▸ **Exercise aim**:
A single number is required: how many lines in the entries hold the word "Admission".

▸ **Data**:
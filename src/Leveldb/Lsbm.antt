-- ===== src/Leveldb/Lsbm.antt =====
-- The operations of lsbm/lsbm_db.cc that are not those of leveldb/leveldb_db.cc, in the format
-- `single`: its reads and scans do not deserialize, and an update of all fields is written without a
-- read. Its Inserts, Deletes and other formats are those of Single and Composite.
pub mod Forgets
use my_ycsb_cpp.Prelude.{
  ◌≡◌, Bool, not, List, [], ◌∷◌, ◌++◌, Option, length, ◌==◌, take, map, if◌then◌else◌,
}
use my_ycsb_cpp.Prelude.Int.{ℤ, pos_part}
use my_ycsb_cpp.Prelude.Bytes.{Bytes, lit}
use my_ycsb_cpp.Prelude.Result.{exception}
use my_ycsb_cpp.Prelude.Outcome.{Outcome, done, thrown}
use my_ycsb_cpp.Db.{Field, Status, k_ok, k_error, k_not_found}
use my_ycsb_cpp.Workload.Builders.{u64_of_int}
use my_ycsb_cpp.Leveldb.Store.{Kv, KvStatus, fine, missing, failed}
use my_ycsb_cpp.Leveldb.Row.{serialize_row}
use my_ycsb_cpp.Leveldb.Single.{or_fail, update_got}

-- ReadSingleEntry behind its Get.
unfoldable pub read_got : KvStatus × Bytes → Outcome (Status × List Field)
read_got (missing text, data_) = done (k_not_found, [])
read_got (failed text, data_) = thrown (exception (lit "LevelDB Get: " ++ text))
read_got (fine, data_) = done (k_ok, [])

-- The row that ScanSingleEntry leaves empty for an entry.
abbrev pub no_row : Bytes × Bytes → List Field
no_row entry = []

module _ (kv : Kv) (fieldcount : ℤ) where
  unfoldable pub read_single_entry :
      kv.State → Bytes → Option (List Bytes) → Outcome (Status × List Field)
  unfolding read_got
  read_single_entry s key fields = read_got (kv.get s key)

  unfoldable pub scan_single_entry :
      kv.State → Bytes → ℤ → Option (List Bytes) → Outcome (Status × List (List Field))
  scan_single_entry s key len fields = done (k_ok, map no_row (take (pos_part len) (kv.seek s key)))

  -- `values.size() == static_cast<size_t>(fieldcount_)`
  abbrev pub is_all_fields : List Field → Bool
  is_all_fields values = length values == u64_of_int fieldcount

  unfoldable pub update_all_fields_single :
      kv.State → Bytes → List Field → Outcome (Status × kv.State)
  unfolding serialize_row
  update_all_fields_single s key values =
      let put = kv.put s key (serialize_row values) in
      if not (is_all_fields values)
      then done (k_error, s)
      else or_fail kv (lit "LevelDB Put: ") put.0 put.1

  unfoldable pub update_single_entry : kv.State → Bytes → List Field → Outcome (Status × kv.State)
  unfolding update_all_fields_single update_got
  update_single_entry s key values =
      if is_all_fields values
      then update_all_fields_single s key values
      else update_got kv s key values (kv.get s key)
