-- ===== src/Leveldb/Lsbm/Forgets.antt =====
-- What lsbm/lsbm_db.cc returns, next to leveldb/leveldb_db.cc.
use my_ycsb_cpp.Prelude.{
  ◌≡◌, refl, ap, ◌∙◌, List, [], ◌∷◌, Option, map, take, if◌then◌else◌, Bool-cases, inl, inr,
}
use my_ycsb_cpp.Prelude.Int.{ℤ, pos_part}
use my_ycsb_cpp.Prelude.Bytes.{Bytes}
use my_ycsb_cpp.Prelude.Outcome.{done, done_elim, done_injective}
use my_ycsb_cpp.Db.{Field, Status, k_ok}
use my_ycsb_cpp.Leveldb.Store.{Kv, KvStatus, fine, missing, failed}
use my_ycsb_cpp.Leveldb.Single
use my_ycsb_cpp.Leveldb.Single.{deserialize, scan_rows}
use my_ycsb_cpp.Leveldb.Lsbm
use my_ycsb_cpp.Leveldb.Lsbm.{read_got, no_row, is_all_fields, update_all_fields_single}

-- A row without its fields.
abbrev pub emptied : List Field → List Field
emptied row = []

read_got-forgets :
    (got : KvStatus × Bytes) (fields : Option (List Bytes)) (status : Status) (row : List Field)
    → Single.read_got got fields ≡ done (status, row)
    → read_got got ≡ done (status, [])
unfolding Single.read_got read_got
read_got-forgets (fine, data_) fields status row e =
    done_elim (deserialize data_ fields) _ e
      λ values p q. ap (λ s. done (s, [])) (ap (λ r. r.0) (done_injective q))
read_got-forgets (missing text, data_) fields status row e =
    ap (λ s. done (s, [])) (ap (λ r. r.0) (done_injective e))
read_got-forgets (failed text, data_) fields status row e = cc

scan_rows-forgets :
    (entries : List (Bytes × Bytes)) (fields : Option (List Bytes)) (rows : List (List Field))
    → scan_rows entries fields ≡ done rows
    → map no_row entries ≡ map emptied rows
unfolding scan_rows
scan_rows-forgets [] fields rows e = ap (map emptied) (done_injective e)
scan_rows-forgets ((key, data_) ∷ entries) fields rows e =
    done_elim (deserialize data_ fields) _ e λ values p q.
      done_elim (scan_rows entries fields) _ q λ rest p' q'.
        ap (◌∷◌ []) (scan_rows-forgets entries fields rest p')
        ∙ ap (map emptied) (done_injective q')

-- Where a read or a scan of the LevelDB binding returns, that of the LSbM binding returns the same
-- status, and no field of any row, with as many rows; and an update is that of the LevelDB binding
-- where it has another number of fields than configured, and else the insert of its fields.
pub lsbm-forgets :
    (kv : Kv) (fieldcount : ℤ) (s : kv.State) (key : Bytes) (len : ℤ) (fields : Option (List Bytes))
    (status : Status) (row : List Field) (rows : List (List Field)) (values : List Field)
    → Single.read_single_entry kv s key fields ≡ done (status, row)
    → Single.scan_single_entry kv s key len fields ≡ done (k_ok, rows)
    → (Lsbm.read_single_entry kv fieldcount s key fields ≡ done (status, []))
      × (Lsbm.scan_single_entry kv fieldcount s key len fields ≡ done (k_ok, map emptied rows))
      × (Lsbm.update_single_entry kv fieldcount s key values ≡ (
          if is_all_fields kv fieldcount values
          then Single.insert_single_entry kv s key values
          else Single.update_single_entry kv s key values))
unfolding Single.read_single_entry Single.scan_single_entry Single.update_single_entry
    Single.insert_single_entry Lsbm.read_single_entry Lsbm.scan_single_entry
    Lsbm.update_single_entry update_all_fields_single
lsbm-forgets kv fieldcount s key len fields status row rows values read scanned = (
  read_got-forgets (kv.get s key) fields status row read,
  ap (λ rs. done (k_ok, rs))
      (done_elim (scan_rows (take (pos_part len) (kv.seek s key)) fields) _ scanned λ rs p q.
        scan_rows-forgets (take (pos_part len) (kv.seek s key)) fields rs p
        ∙ ap (map emptied) (ap (λ r. r.1) (done_injective q))),
  elim (Bool-cases (is_all_fields kv fieldcount values)) [
    | inl all_ ↦ rw all_ refl
    | inr fewer ↦ rw fewer refl
  ],
)
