-- ===== src/Leveldb/Row/Kept.antt =====
-- The bytes that stand for a record of the table, in the form of a row.
use my_ycsb_cpp.Prelude.{◌≡◌, List, Option, none, some, All}
use my_ycsb_cpp.Prelude.Bytes.{Bytes}
use my_ycsb_cpp.Db.{Field}
use my_ycsb_cpp.Db.Table.{Record, value_of}
use my_ycsb_cpp.Leveldb.Row.{serialize_row}
use my_ycsb_cpp.Leveldb.Row.RoundTrip.{FitsWord}

-- What is stored for a record, or for none.
abbrev pub Kept : Option Bytes → Option Record → Type 0
Kept data_ none = data_ ≡ none
Kept data_ (some r) =
    (row : List Field) × (data_ ≡ some (serialize_row row))
    × All FitsWord row
    × ((name : Bytes) → value_of row name ≡ r name)
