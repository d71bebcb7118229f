-- ===== src/DeviceService.antt =====
-- `DeviceService.save_points` of app/domains/devices/service.py.
pub mod Requests
pub mod Queued
pub mod Answered
pub mod Admission
mod Tests
use geo_device.Prelude.{
  ℕ, Bool, true, false, Option, some, List, String, map, length, ltb, if◌then◌else◌,
}
use geo_device.Constants.{retry_after_s}
use geo_device.Errors.{Exn, redis_errors, service_unavailable_error}
use geo_device.Exec.{Exec, pure, raise, try_except, ◌>>=◌, ◌>>◌}
use geo_device.Pings.{Float, Datetime, Ping, Formats}
use geo_device.Services.{Redis}
use geo_device.Settings.{IngestSettings}
use geo_device.Stream
use geo_device.Trace.{Run}

-- `LocationRequest`, once it is validated
pub record LocationRequest : Type 0 where
  pub device_id : String
  pub lat : Float
  pub lon : Float
  pub recorded_at : Datetime

pub record LocationAcceptedResponse : Type 0 where
  pub accepted : ℕ
  pub backlog : ℕ

unfoldable pub to_ping : LocationRequest → Ping
to_ping point = record {
  device_id = point.device_id;
  lat = point.lat;
  lon = point.lon;
  recorded_at = point.recorded_at;
}

abbrev pub backlog_full : Exn
backlog_full = service_unavailable_error "Ingest backlog is full, retry later" (some retry_after_s)

abbrev pub queue_unavailable : Exn
queue_unavailable =
    service_unavailable_error "Ingest queue is unavailable, retry later" (some retry_after_s)

module _ {W : Type 0} (redis : Redis W) (formats : Formats) (settings : IngestSettings) where
  -- The `try` block behind the read of the backlog.
  unfoldable pub admit : List LocationRequest → ℕ → Exec (Run W) ℕ
  unfolding to_ping pure raise Stream.publish ◌>>=◌
  admit points backlog =
      if ltb settings.backlog_limit backlog
      then raise backlog_full
      else Stream.publish redis formats settings (map to_ping points) >> pure backlog

  unfoldable pub save_points : List LocationRequest → Exec (Run W) LocationAcceptedResponse
  unfolding pure raise try_except admit Stream.get_backlog ◌>>=◌
  save_points points = do
    backlog ←
        try_except (Stream.get_backlog redis >>= admit points) redis_errors
          (λ e. raise queue_unavailable)
    pure (record { accepted = length points; backlog = backlog })
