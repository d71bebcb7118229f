-- ===== src/DeviceService/Admission.antt =====
-- When `save_points` admits a batch, and what it does to the stream.
use geo_device.Prelude.{
  ◌≤◌, ◌<◌, ◌≡◌, refl, ◌⊎◌, inl, inr, true, false, Option, List, ◌∷◌, map, length, ltb, ◌==◌,
  Bool-cases, arith,
}
use geo_device.Errors.{redis_errors}
use geo_device.Exec.{Result, ok, raised}
use geo_device.Pings.{Formats}
use geo_device.Services.{Redis, Command}
use geo_device.Prelude.Int.{ℤ}
use geo_device.Settings.{IngestSettings}
use geo_device.Constants.{pending_pings_key}
use geo_device.Stream.{publish_commands, backlog_of}
use geo_device.Trace.{Run, Trace, pipelined}
use geo_device.DeviceService.{LocationRequest, LocationAcceptedResponse, to_ping, save_points}

module _ {W : Type 0} (redis : Redis W) (formats : Formats) (settings : IngestSettings) where
  abbrev pub commands : LocationRequest → List LocationRequest → List Command
  commands p points = publish_commands formats settings (map to_ping (p ∷ points))

  -- How a call of `save_points` may end.
  abbrev pub Ends :
      LocationRequest
      → List LocationRequest
      → Trace
      → Result LocationAcceptedResponse
      → Trace
      → Type 0
  Ends p points before (ok response) after =
      (response.accepted ≡ length (p ∷ points))
      × (response.backlog ≤ settings.backlog_limit)
      × (after ≡ (pipelined (commands p points), true) ∷ before)
  Ends p points before (raised e) after =
      (redis_errors e ≡ false)
      × ((after ≡ before) ⊎ (after ≡ (pipelined (commands p points), false) ∷ before))

  module _ (p : LocationRequest) (points : List LocationRequest) (r : Run W)
      (h : 0 < settings.chunk_size) where
    abbrev Saved : Type 0
    Saved =
        let (result, r') = save_points redis formats settings (p ∷ points) r in
        Ends p points r.trace result r'.trace

    -- The end by the result of the pipeline.
    after_execute :
        (v : Option ℤ) (w w' : W) (result : Result (Unit {0}))
        → redis.get pending_pings_key r.world ≡ (ok v, w)
        → ltb settings.backlog_limit (backlog_of v) ≡ false
        → redis.execute (commands p points) w ≡ (result, w')
        → Saved
    unfolding save_points
    after_execute v w w' (ok u) e c x =
        let z : (settings.chunk_size == 0) ≡ false = ground arith in
        rw (e, save_points, c, z, x) (refl, ground arith, refl)
    after_execute v w w' (raised exn) e c x =
        let z : (settings.chunk_size == 0) ≡ false = ground arith in
        elim (Bool-cases (redis_errors exn)) [
          | inl b ↦ rw (e, save_points, c, z, x, b) (refl, inr refl)
          | inr b ↦ rw (e, save_points, c, z, x, b) (b, inr refl)
        ]

    -- The end by the result of the read of the counter.
    after_get :
        (result : Result (Option ℤ)) (w : W)
        → redis.get pending_pings_key r.world ≡ (result, w)
        → Saved
    unfolding save_points
    after_get (raised exn) w e = elim (Bool-cases (redis_errors exn)) [
      | inl c ↦ rw (e, save_points, c) (refl, inl refl)
      | inr c ↦ rw (e, save_points, c) (c, inl refl)
    ]
    after_get (ok v) w e = elim (Bool-cases (ltb settings.backlog_limit (backlog_of v))) [
      | inl c ↦ rw (e, save_points, c) (refl, inl refl)
      | inr c ↦
          let (result, w') = redis.execute (commands p points) w in
          after_execute v w w' result e c refl
    ]

  -- With a positive chunk size, and whatever redis answers: if `save_points` returns, the backlog
  -- was at most the limit, the number accepted is that of the points, and one pipeline ran, with
  -- the commands that publish them. If it raises, no error of redis gets out as such, and nothing
  -- was queued but in a pipeline that failed.
  pub save_points-Ends :
      (p : LocationRequest) (points : List LocationRequest) (r : Run W)
      → 0 < settings.chunk_size
      → Ends p points r.trace
          (save_points redis formats settings (p ∷ points) r).0
          (save_points redis formats settings (p ∷ points) r).1.trace
  save_points-Ends p points r h =
      after_get p points r h (redis.get pending_pings_key r.world).0
        (redis.get pending_pings_key r.world).1 refl
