-- ===== src/Registry.antt =====
-- `ConnectionRegistry` of app/realtime/registry.py. A connection is an object that the registry, the
-- websocket's handler and the sender task share: `Objects` holds the objects, and the registry has
-- the numbers that name them. A set of connections is a list; the order of iteration is the order
-- of insertion here, and Registry/Delivery.antt shows that it does not matter.
pub mod Valid
pub mod Users
pub mod Delivery
pub mod Sessions
mod SessionsTests
mod Tests
use geo_device.Prelude.{
  ℕ, ◌≡◌, Bool, true, false, Option, none, some, List, [], ◌∷◌, ◌++◌, String, length, ◌==◌,
  if◌then◌else◌, ◌≟◌, string_key, String_discrete,
}
use geo_device.Dict
use geo_device.Dict.{Dict}
use geo_device.Connection.{Connection, send}

abbrev pub Objects : Type 0
Objects = ℕ → Connection

unfoldable pub assign : Objects → ℕ → Connection → Objects
assign objects i c j = if i == j then c else objects j

-- `_connections`
abbrev pub Connections : Type 0
Connections = Dict String (List ℕ)

unfoldable pub contains : List ℕ → ℕ → Bool
contains [] i = false
contains (j ∷ ids) i = if j == i then true else contains ids i

-- `set.add` and `set.discard`
unfoldable pub set_add : List ℕ → ℕ → List ℕ
unfolding contains
set_add ids i = if contains ids i then ids else ids ++ i ∷ []

unfoldable pub set_discard : List ℕ → ℕ → List ℕ
set_discard [] i = []
set_discard (j ∷ ids) i = if j == i then ids else j ∷ set_discard ids i

abbrev pub or_empty : Option (List ℕ) → List ℕ
or_empty none = []
or_empty (some ids) = ids

-- `users`
unfoldable pub users : Connections → List String
unfolding Dict.keys
users d = Dict.keys d

-- `add(connection)`, for the connection `i` of the user `user_id`: the `defaultdict` makes an
-- empty set for a new user
unfoldable pub add : Connections → String → ℕ → Connections × Bool
unfolding set_add Dict.get Dict.put
add d user_id i =
    let sessions = set_add (or_empty (Dict.get d user_id)) i in
    (Dict.put d user_id sessions, length sessions == 1)

-- The end of `discard`, with what is left of the user's set.
abbrev pub drop_empty : Connections → String → List ℕ → Connections × Bool
drop_empty d user_id [] = (Dict.remove d user_id, true)
drop_empty d user_id (i ∷ ids) = (Dict.put d user_id (i ∷ ids), false)

unfoldable pub discard : Connections → String → ℕ → Connections × Bool
unfolding set_discard Dict.get
discard d user_id i = elim (or_empty (Dict.get d user_id)) [
  | [] ↦ (d, false)
  | j ∷ ids ↦ drop_empty d user_id (set_discard (j ∷ ids) i)
]

-- `for connection in ids: connection.send(message, priority)`; `none`: a `QueueFull` escaped
unfoldable pub send_each : List ℕ → Objects → String → Bool → Option Objects
unfolding assign
send_each [] objects message priority = some objects
send_each (i ∷ ids) objects message priority = elim (send (objects i) message priority) [
  | none ↦ none
  | some c ↦ send_each ids (assign objects i c) message priority
]

unfoldable pub send_to_user : Connections → Objects → String → String → Bool → Option Objects
unfolding send_each Dict.get
send_to_user d objects user_id message priority =
    send_each (or_empty (Dict.get d user_id)) objects message priority

unfoldable pub broadcast : Connections → Objects → String → Bool → Option Objects
unfolding send_each
broadcast [] objects message priority = some objects
broadcast ((user_id, ids) ∷ d) objects message priority =
    elim (send_each ids objects message priority) [
      | none ↦ none
      | some objects' ↦ broadcast d objects' message priority
    ]
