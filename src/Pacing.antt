-- ===== src/Pacing.antt =====
-- `Backoff` and `Ticker` of app/pipeline/utils.py. Durations and clock readings are numbers of one
-- unit, say milliseconds: the constants that the program passes are whole in it. The clock and the
-- random jitter are arguments.
pub mod Delays
pub mod Fires
mod Tests
use geo_device.Prelude.{ℕ, ◌+◌, ◌*◌, min, Bool, true, false, ltb, ◌==◌, if◌then◌else◌}

pub record Backoff : Type 0 where
  pub start : ℕ
  pub limit : ℕ
  pub delay : ℕ

-- `Backoff(start, limit)`
abbrev pub new_backoff : ℕ → ℕ → Backoff
new_backoff start limit = record { start = start; limit = limit; delay = 0 }

unfoldable pub reset : Backoff → Backoff
reset b = record b { delay = 0 }

-- `sleep`: the new state, and the time slept
unfoldable pub sleep : Backoff → Backoff × ℕ
sleep b =
    let delay = if b.delay == 0 then b.start else min (b.delay * 2) b.limit in
    (record b { delay = delay }, delay)

pub record Ticker : Type 0 where
  pub interval : ℕ
  pub jitter : ℕ
  pub next_at : ℕ

-- `_period`; `random` is what `random.uniform(0.0, self._jitter)` returned
abbrev pub period : Ticker → ℕ → ℕ
period t random = t.interval + random

-- `Ticker(interval, jitter)`
unfoldable pub new_ticker : ℕ → ℕ → ℕ → ℕ → Ticker
new_ticker interval jitter now random = record {
  interval = interval;
  jitter = jitter;
  next_at = now + (interval + random);
}

unfoldable pub due : Ticker → ℕ → ℕ → Ticker × Bool
due t now random =
    if ltb now t.next_at then (t, false) else (record t { next_at = now + period t random }, true)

▸ **Answer**:
2